BEGIN INFORMATION SUPPLIED

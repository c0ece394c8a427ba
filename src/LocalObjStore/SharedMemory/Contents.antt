-- ===== src/LocalObjStore/SharedMemory/Contents.antt =====
-- What `createSharedMemory` and `readSharedMemory` of go/cmd/localobjstore/main.go do to the files of
-- shared memory, on each of their ways out.
use babyray.Common.{ℕ, ◌≡◌, ◌≢◌, refl, ◌∙◌, subst, true, false, Outcome, ok, err, length}
use babyray.Common.Text.{Text, ascii, format_uint, format_uint_injective, append_cancel_left}
use babyray.LocalObjStore.SharedMemory.{
  System, IsSystem, shm_path, map_created, resize, create_at, create_shared_memory, close_mapped,
  map_opened, read_at, read_shared_memory,
}

pub shm_path_injective : (u v : ℕ) → shm_path (format_uint u) ≡ shm_path (format_uint v) → u ≡ v
unfolding shm_path
shm_path_injective u v e = format_uint_injective u v (append_cancel_left (ascii "/dev/shm/") _ _ e)

module _ {M R E : Type 0} (sys : System M R E) (h : IsSystem sys) where
  abbrev pub IsKept : M → M → Text → Type 0
  IsKept m m' path = (q : Text) → q ≢ path → h.contents m' q ≡ h.contents m q

  -- A mapping of the whole of a file of the given size, no other file touched; after an error that
  -- file alone may be changed.
  abbrev pub Creates : M → Text → ℕ → M × Outcome E (R × ℕ) → Type 0
  Creates m path size (m', err e) = IsKept m m' path
  Creates m path size (m', ok (r, fd)) =
      (h.mapped r ≡ path)
      × (h.mapped_length r ≡ size)
      × (length (h.contents m' path) ≡ size)
      × IsKept m m' path

  map_created-Creates :
      (m m' : M) (path : Text) (fd size : ℕ) (o : Outcome E R)
      → sys.mmap m' fd size ≡ o
      → h.file_of m' fd ≡ path
      → length (h.contents m' path) ≡ size
      → IsKept m m' path
      → Creates m path size (map_created sys m' fd o)
  unfolding map_created
  map_created-Creates m m' path fd size (err e) eq file len kept = kept
  map_created-Creates m m' path fd size (ok r) eq file len kept =
      let region = h.mmap_region m' fd size r eq in (region.0 ∙ file, region.1, len, kept)

  resize-Creates :
      (m m' : M) (path : Text) (fd size : ℕ) (o : Outcome E M)
      → sys.ftruncate m' fd size ≡ o
      → h.file_of m' fd ≡ path
      → IsKept m m' path
      → Creates m path size (resize sys m' fd size o)
  unfolding resize
  resize-Creates m m' path fd size (err e) eq file kept = kept
  resize-Creates m m' path fd size (ok m2) eq file kept =
      let cut = h.ftruncate_length m' fd size m2 eq in
      map_created-Creates m m2 path fd size (sys.mmap m2 fd size) refl (cut.0 ∙ file)
        (subst (λ p. length (h.contents m2 p) ≡ size) file cut.1)
        (λ q other. cut.2 q (λ same. other (same ∙ file)) ∙ kept q other)

  create_at-Creates :
      (m : M) (path : Text) (size : ℕ) (o : Outcome E (M × ℕ))
      → sys.sys_open m path true ≡ o
      → Creates m path size (create_at sys m size o)
  unfolding create_at
  create_at-Creates m path size (err e) eq = λ q other. refl
  create_at-Creates m path size (ok (m', fd)) eq =
      let opened = h.open_file m path true m' fd eq in
      resize-Creates m m' path fd size (sys.ftruncate m' fd size) refl opened.0
        (λ q other. opened.1 q)

  pub create_shared_memory-Creates :
      (m : M) (name : Text) (size : ℕ)
      → Creates m (shm_path name) size (create_shared_memory sys m name size)
  unfolding create_shared_memory
  create_shared_memory-Creates m name size =
      create_at-Creates m (shm_path name) size (sys.sys_open m (shm_path name) true) refl

  -- Reading changes no file, and maps the named one.
  abbrev pub Reads : M → Text → ℕ → M × Outcome E R → Type 0
  Reads m path size (m', err e) = (q : Text) → h.contents m' q ≡ h.contents m q
  Reads m path size (m', ok r) =
      (h.mapped r ≡ path)
      × (h.mapped_length r ≡ size)
      × ((q : Text) → h.contents m' q ≡ h.contents m q)

  close_mapped-Reads :
      (m m' : M) (path : Text) (fd size : ℕ) (r : R) (o : Outcome E M)
      → sys.close m' fd ≡ o
      → h.mapped r ≡ path
      → h.mapped_length r ≡ size
      → ((q : Text) → h.contents m' q ≡ h.contents m q)
      → Reads m path size (close_mapped sys m' r o)
  unfolding close_mapped
  close_mapped-Reads m m' path fd size r (err e) eq file len kept = kept
  close_mapped-Reads m m' path fd size r (ok m2) eq file len kept =
      (file, len, λ q. h.close_contents m' fd m2 eq q ∙ kept q)

  map_opened-Reads :
      (m m' : M) (path : Text) (fd size : ℕ) (o : Outcome E R)
      → sys.mmap m' fd size ≡ o
      → h.file_of m' fd ≡ path
      → ((q : Text) → h.contents m' q ≡ h.contents m q)
      → Reads m path size (map_opened sys m' fd o)
  unfolding map_opened
  map_opened-Reads m m' path fd size (err e) eq file kept = kept
  map_opened-Reads m m' path fd size (ok r) eq file kept =
      let region = h.mmap_region m' fd size r eq in
      close_mapped-Reads m m' path fd size r (sys.close m' fd) refl (region.0 ∙ file) region.1 kept

  read_at-Reads :
      (m : M) (path : Text) (size : ℕ) (o : Outcome E (M × ℕ))
      → sys.sys_open m path false ≡ o
      → Reads m path size (read_at sys m size o)
  unfolding read_at
  read_at-Reads m path size (err e) eq = λ q. refl
  read_at-Reads m path size (ok (m', fd)) eq =
      let opened = h.open_file m path false m' fd eq in
      map_opened-Reads m m' path fd size (sys.mmap m' fd size) refl opened.0 opened.1

  pub read_shared_memory-Reads :
      (m : M) (name : Text) (size : ℕ)
      → Reads m (shm_path name) size (read_shared_memory sys m name size)
  unfolding read_shared_memory
  read_shared_memory-Reads m name size =
      read_at-Reads m (shm_path name) size (sys.sys_open m (shm_path name) false) refl
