-- ===== src/LocalObjStore/Get/Holds.antt =====
-- The object store of go/cmd/localobjstore/main.go as a map from objects to their bytes: what Store,
-- Copy and a Get that caches do to it.
use babyray.Common.{
  ℕ, ◌≡◌, ◌≢◌, refl, sym, ◌∙◌, subst, Option, none, some, some-injective, List, [], ◌∷◌, Outcome,
  ok, err, length, ==_iff, arith, ap,
}
use babyray.Common.Dict.{lookup, lookup-insert, lookup-insert_self}
use babyray.Common.Text.{format_uint}
use babyray.Wire.{StoreRequest, StatusResponse, NotifyOwnsRequest, Bytes, CopyRequest, CopyResponse}
use babyray.LocalObjStore.{
  ObjStore, StoreError, system, put, put_mapped, store, stored, copy, copied, copy_sized,
}
use babyray.LocalObjStore.SharedMemory.{
  System, IsSystem, shm_path, create_shared_memory, read_shared_memory,
}
use babyray.LocalObjStore.SharedMemory.Contents.{
  Creates, Reads, shm_path_injective, create_shared_memory-Creates, read_shared_memory-Reads,
}

-- A reply with the bytes, or an error of the system, but not that the store has no such object.
abbrev pub IsCopy : {E : Type 0} → Bytes → Outcome (StoreError E) CopyResponse → Type 0
IsCopy bytes (ok r) = r.object_bytes ≡ bytes
IsCopy {E} bytes (err e) = (e' : E) × (e ≡ system e')

module _ {M R E F : Type 0} (sys : System M R E) (h : IsSystem sys) where
  -- The store has the object with these bytes.
  pub record Holds (s : ObjStore M F) (uid : ℕ) (bytes : Bytes) : Type 0 where
    pub sized : lookup uid s.object_sizes ≡ some (length bytes)
    pub held : h.contents s.memory (shm_path (format_uint uid)) ≡ bytes

  abbrev pub KeepsOthers : ObjStore M F → ℕ → ObjStore M F → Type 0
  KeepsOthers s uid s' = (v : ℕ) (b : Bytes) → v ≢ uid → Holds s v b → Holds s' v b

  abbrev pub Puts : ObjStore M F → ℕ → Bytes → ObjStore M F × Outcome (StoreError E) ℕ → Type 0
  Puts s uid bytes (s', err e) = ((e' : E) × (e ≡ system e')) × KeepsOthers s uid s'
  Puts s uid bytes (s', ok size) =
      Holds s' uid bytes
      × KeepsOthers s uid s'
      × (size ≡ length bytes)
      × (s'.local_node_id ≡ s.local_node_id)

  put_mapped-Puts :
      (s : ObjStore M F) (uid : ℕ) (bytes : Bytes) (o : M × Outcome E (R × ℕ))
      → Creates sys h s.memory (shm_path (format_uint uid)) (length bytes) o
      → Puts s uid bytes (put_mapped sys s uid bytes o)
  unfolding put_mapped
  put_mapped-Puts s uid bytes (m, err e) made = (
    (e, refl),
    λ v b other was. record {
      sized = was.sized;
      held = made _ (λ same. other (shm_path_injective v uid same)) ∙ was.held;
    },
  )
  put_mapped-Puts s uid bytes (m, ok (r, fd)) made =
      let wrote =
        h.copy_into_contents m r bytes (sym made.1)
          (ap (λ p. length (h.contents m p)) made.0 ∙ made.2 ∙ sym made.1) in
      (
        record {
          sized = lookup-insert_self uid (length bytes) s.object_sizes;
          held = subst (λ p. h.contents (sys.copy_into m r bytes) p ≡ bytes) made.0 wrote.0;
        },
        λ v b other was. record {
          sized = ground (
            arith,
            lookup-insert uid v (length bytes) s.object_sizes,
            was.sized,
            ==_iff uid v,
            other,
          );
          held =
              wrote.1 _ (λ same. other (shm_path_injective v uid (same ∙ made.0)))
              ∙ made.3 _ (λ same. other (shm_path_injective v uid same))
              ∙ was.held;
        },
        refl,
        refl,
      )

  pub put-Puts :
      (s : ObjStore M F) (uid : ℕ) (bytes : Bytes) → Puts s uid bytes (put sys s uid bytes)
  unfolding put
  put-Puts s uid bytes =
      put_mapped-Puts s uid bytes
        (create_shared_memory sys s.memory (format_uint uid) (length bytes))
        (create_shared_memory-Creates sys h s.memory (format_uint uid) (length bytes))

  abbrev pub Copies : ObjStore M F → ℕ → ObjStore M F × Outcome (StoreError E) CopyResponse → Type 0
  Copies s uid (s', o) =
      ((v : ℕ) (b : Bytes) → Holds s v b → Holds s' v b)
      × ((b : Bytes) → Holds s uid b → IsCopy b o)

  copied-Copies :
      (s : ObjStore M F) (uid size : ℕ) (o : M × Outcome E R)
      → lookup uid s.object_sizes ≡ some size
      → Reads sys h s.memory (shm_path (format_uint uid)) size o
      → Copies s uid (copied sys s uid o)
  unfolding copied
  copied-Copies s uid size (m, err e) known read =
      (λ v b was. record { sized = was.sized; held = read _ ∙ was.held }, λ b was. (e, refl))
  copied-Copies s uid size (m, ok r) known read = (
    λ v b was. record { sized = was.sized; held = read.2 _ ∙ was.held },
    λ b was.
        let here = ap (h.contents m) read.0 ∙ read.2 _ ∙ was.held in
        let size_is : length b ≡ size = some-injective _ _ (sym was.sized ∙ known) in
        h.bytes_at_contents m r (ap length here ∙ size_is ∙ sym read.1) ∙ here,
  )

  copy_sized-Copies :
      (s : ObjStore M F) (uid : ℕ) (o : Option ℕ)
      → lookup uid s.object_sizes ≡ o
      → Copies s uid (copy_sized sys s uid o)
  unfolding copy_sized
  copy_sized-Copies s uid none known =
      (λ v b was. was, λ b was. absurd (ground (arith, was.sized, known)))
  copy_sized-Copies s uid (some size) known =
      copied-Copies s uid size (read_shared_memory sys s.memory (format_uint uid) size) known
        (read_shared_memory-Reads sys h s.memory (format_uint uid) size)

  pub copy-Copies : (s : ObjStore M F) (req : CopyRequest) → Copies s req.uid (copy sys s req)
  unfolding copy
  copy-Copies s req = copy_sized-Copies s req.uid (lookup req.uid s.object_sizes) refl

  -- What Store comes to: with a success the object is held, and announced once, by this node with its
  -- size; with an error nothing is announced. Other objects stay as they were.
  abbrev pub Stores :
      ObjStore M F
      → StoreRequest
      → ObjStore M F × List NotifyOwnsRequest × Outcome (StoreError E) StatusResponse
      → Type 0
  Stores s req (s', sent, err e) = (sent ≡ []) × KeepsOthers s req.uid s'
  Stores s req (s', sent, ok reply) =
      Holds s' req.uid req.object_bytes
      × KeepsOthers s req.uid s'
      × (sent
          ≡ record {
            uid = req.uid;
            node_id = s.local_node_id;
            object_size = length req.object_bytes;
          }
            ∷ [])

  stored-Stores :
      (s : ObjStore M F) (req : StoreRequest) (p : ObjStore M F × Outcome (StoreError E) ℕ)
      → Puts s req.uid req.object_bytes p
      → Stores s req (stored sys req.uid p)
  unfolding stored
  stored-Stores s req (s', err e) puts = (refl, puts.1)
  stored-Stores s req (s', ok size) puts = (puts.0, puts.1, rw puts.2 (rw puts.3 refl))

  pub store-Stores : (s : ObjStore M F) (req : StoreRequest) → Stores s req (store sys s req)
  unfolding store
  store-Stores s req =
      stored-Stores s req (put sys s req.uid req.object_bytes) (put-Puts s req.uid req.object_bytes)
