-- ===== src/LocalObjStore/Get/Fetching.antt =====
-- Two local object stores (go/cmd/localobjstore/main.go): a Get that the object table
-- (go/cmd/gcsobjtable/main.go) calls back with a node fetches the object from that node.
use babyray.Common.{
  ℕ, ◌≡◌, refl, subst, sym, Bool, true, false, Bool-cases, inl, inr, none, Outcome, ok, err,
}
use babyray.Common.Text.{Text}
use babyray.Common.Integers.{pos}
use babyray.Config.Wiring.{at_node}
use babyray.Wire.{Bytes, GetRequest, CopyRequest, CopyResponse, LocationFoundCallback}
use babyray.ObjTable.Server.{Callback, location_found}
use babyray.LocalObjStore.{ObjStore, StoreError, system, no_copy, no_dial, not_in_store, copy, put}
use babyray.LocalObjStore.SharedMemory.{System, IsSystem}
use babyray.LocalObjStore.Get.{
  Peers, get_resumed, dialled, fetched, cached, other_local_address, GetReply,
}
use babyray.LocalObjStore.Get.Holds.{Holds, Puts, put-Puts, IsCopy, copy-Copies}

-- What another node sees of a reply: the response, or an error made of the handler's.
abbrev pub reply_over :
    {E : Type 0} → (StoreError E → E) → Outcome (StoreError E) CopyResponse → Outcome E CopyResponse
reply_over wrap (ok r) = ok r
reply_over wrap (err e) = err (wrap e)

-- The error of a Get whose callback named a node that has the object: a copy that failed, or the
-- system's.
abbrev pub IsFetchError : {E : Type 0} → StoreError E → Type 0
IsFetchError (system e) = Unit
IsFetchError (no_copy e) = Unit
IsFetchError (no_dial e) = ⊥
IsFetchError not_in_store = ⊥

-- The address of a node's store.
abbrev pub peer_at : {E : Type 0} → Peers E → ℕ → Text
peer_at peers node = at_node peers.node_prefix (pos node) peers.local_object_store

module _ {M R E F : Type 0} (sys : System M R E) (h : IsSystem sys) where
  -- The store after a Get: it has the object too if the Get caches, else it is as before.
  abbrev pub IsCached : Bool → ObjStore M F → ObjStore M F → ℕ → Bytes → Type 0
  IsCached true s s' uid bytes = Holds sys h s' uid bytes
  IsCached false s s' uid bytes = s' ≡ s

  abbrev pub IsFetched : ObjStore M F → GetRequest → Bytes → GetReply M F E → Type 0
  IsFetched s req bytes (s', sent, ok r) =
      (r.uid ≡ req.uid)
      × (r.object_bytes ≡ bytes)
      × (r.is_local ≡ false)
      × IsCached req.cache s s' req.uid bytes
  IsFetched s req bytes (s', sent, err e) = IsFetchError e

  cached-IsFetched :
      (s : ObjStore M F) (req : GetRequest) (resp : LocationFoundCallback) (bytes : Bytes)
      (p : ObjStore M F × Outcome (StoreError E) ℕ)
      → req.cache ≡ true
      → Puts sys h s req.uid bytes p
      → IsFetched s req bytes (cached req resp bytes p)
  unfolding cached
  cached-IsFetched s req resp bytes (s', ok n) on puts = (refl, refl, refl, rw on puts.0)
  cached-IsFetched s req resp bytes (s', err e) on puts = subst IsFetchError (sym puts.0.1) tt

  fetched-IsFetched :
      (s : ObjStore M F) (req : GetRequest) (resp : LocationFoundCallback) (bytes : Bytes)
      (wrap : StoreError E → E) (o : Outcome (StoreError E) CopyResponse)
      → IsCopy bytes o
      → IsFetched s req bytes (fetched sys s req resp (reply_over wrap o))
  unfolding fetched
  fetched-IsFetched s req resp bytes wrap (err e) same = tt
  fetched-IsFetched s req resp bytes wrap (ok x) same =
      subst (λ b. IsFetched s req b (fetched sys s req resp (ok x))) same
        (elim (Bool-cases req.cache) [
          | inl on ↦ rw on (
              cached-IsFetched s (record req { cache = true }) resp x.object_bytes
                (put sys s req.uid x.object_bytes) refl (put-Puts sys h s req.uid x.object_bytes))
          | inr off ↦ rw off (refl, refl, refl, refl)
        ])

  -- Node `a` has the object with these bytes, and the callback names it; the Get wants a copy, and
  -- its calls reach that node. Then it replies with the object's bytes, and has the object itself if
  -- it caches, or it fails because the copy or a call of the system failed.
  pub get_resumed-IsFetched :
      (a b : ObjStore M F) (peers : Peers E) (wrap : StoreError E → E) (req : GetRequest)
      (callback : Callback) (bytes : Bytes)
      → Holds sys h a callback.uid bytes
      → req.copy ≡ true
      → peers.dial (peer_at peers callback.node_id) ≡ none
      → ((creq : CopyRequest)
          → peers.copy_reply (peer_at peers callback.node_id) creq
            ≡ reply_over wrap (copy sys a creq).1)
      → IsFetched b req bytes (get_resumed sys b peers req (location_found callback))
  unfolding get_resumed dialled other_local_address
  get_resumed-IsFetched a b peers wrap req callback bytes has wants dials answers =
      let creq : CopyRequest = record { uid = callback.uid; requester = b.local_node_id } in
      rw wants (
        rw dials (
          rw (answers creq) (
            fetched-IsFetched b (record req { copy = true }) (location_found callback) bytes wrap
              (copy sys a creq).1 ((copy-Copies sys h a creq).1 bytes has))))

END INFORMATION SUPPLIED

=== WHAT IS EXPECTED ===
In the listing above, find the line with "R) (o : Outcome E M)" and the line with "map_opened-Reads m m' path fd size (sys.mmap"; set down exactly those two lines and every line between them, nothing more.

=== TASK ANSWER ===
      (m m' : M) (path : Text) (fd size : ℕ) (r : R) (o : Outcome E M)
      → sys.close m' fd ≡ o
      → h.mapped r ≡ path
      → h.mapped_length r ≡ size
      → ((q : Text) → h.contents m' q ≡ h.contents m q)
      → Reads m path size (close_mapped sys m' r o)
  unfolding close_mapped
  close_mapped-Reads m m' path fd size r (err e) eq file len kept = kept
  close_mapped-Reads m m' path fd size r (ok m2) eq file len kept =
      (file, len, λ q. h.close_contents m' fd m2 eq q ∙ kept q)

  map_opened-Reads :
      (m m' : M) (path : Text) (fd size : ℕ) (o : Outcome E R)
      → sys.mmap m' fd size ≡ o
      → h.file_of m' fd ≡ path
      → ((q : Text) → h.contents m' q ≡ h.contents m q)
      → Reads m path size (map_opened sys m' fd o)
  unfolding map_opened
  map_opened-Reads m m' path fd size (err e) eq file kept = kept
  map_opened-Reads m m' path fd size (ok r) eq file kept =
      let region = h.mmap_region m' fd size r eq in
      close_mapped-Reads m m' path fd size r (sys.close m' fd) refl (region.0 ∙ file) region.1 kept

  read_at-Reads :
      (m : M) (path : Text) (size : ℕ) (o : Outcome E (M × ℕ))
      → sys.sys_open m path false ≡ o
      → Reads m path size (read_at sys m size o)
  unfolding read_at
  read_at-Reads m path size (err e) eq = λ q. refl
  read_at-Reads m path size (ok (m', fd)) eq =
      let opened = h.open_file m path false m' fd eq in
      map_opened-Reads m m' path fd size (sys.mmap m' fd size) refl opened.0 opened.1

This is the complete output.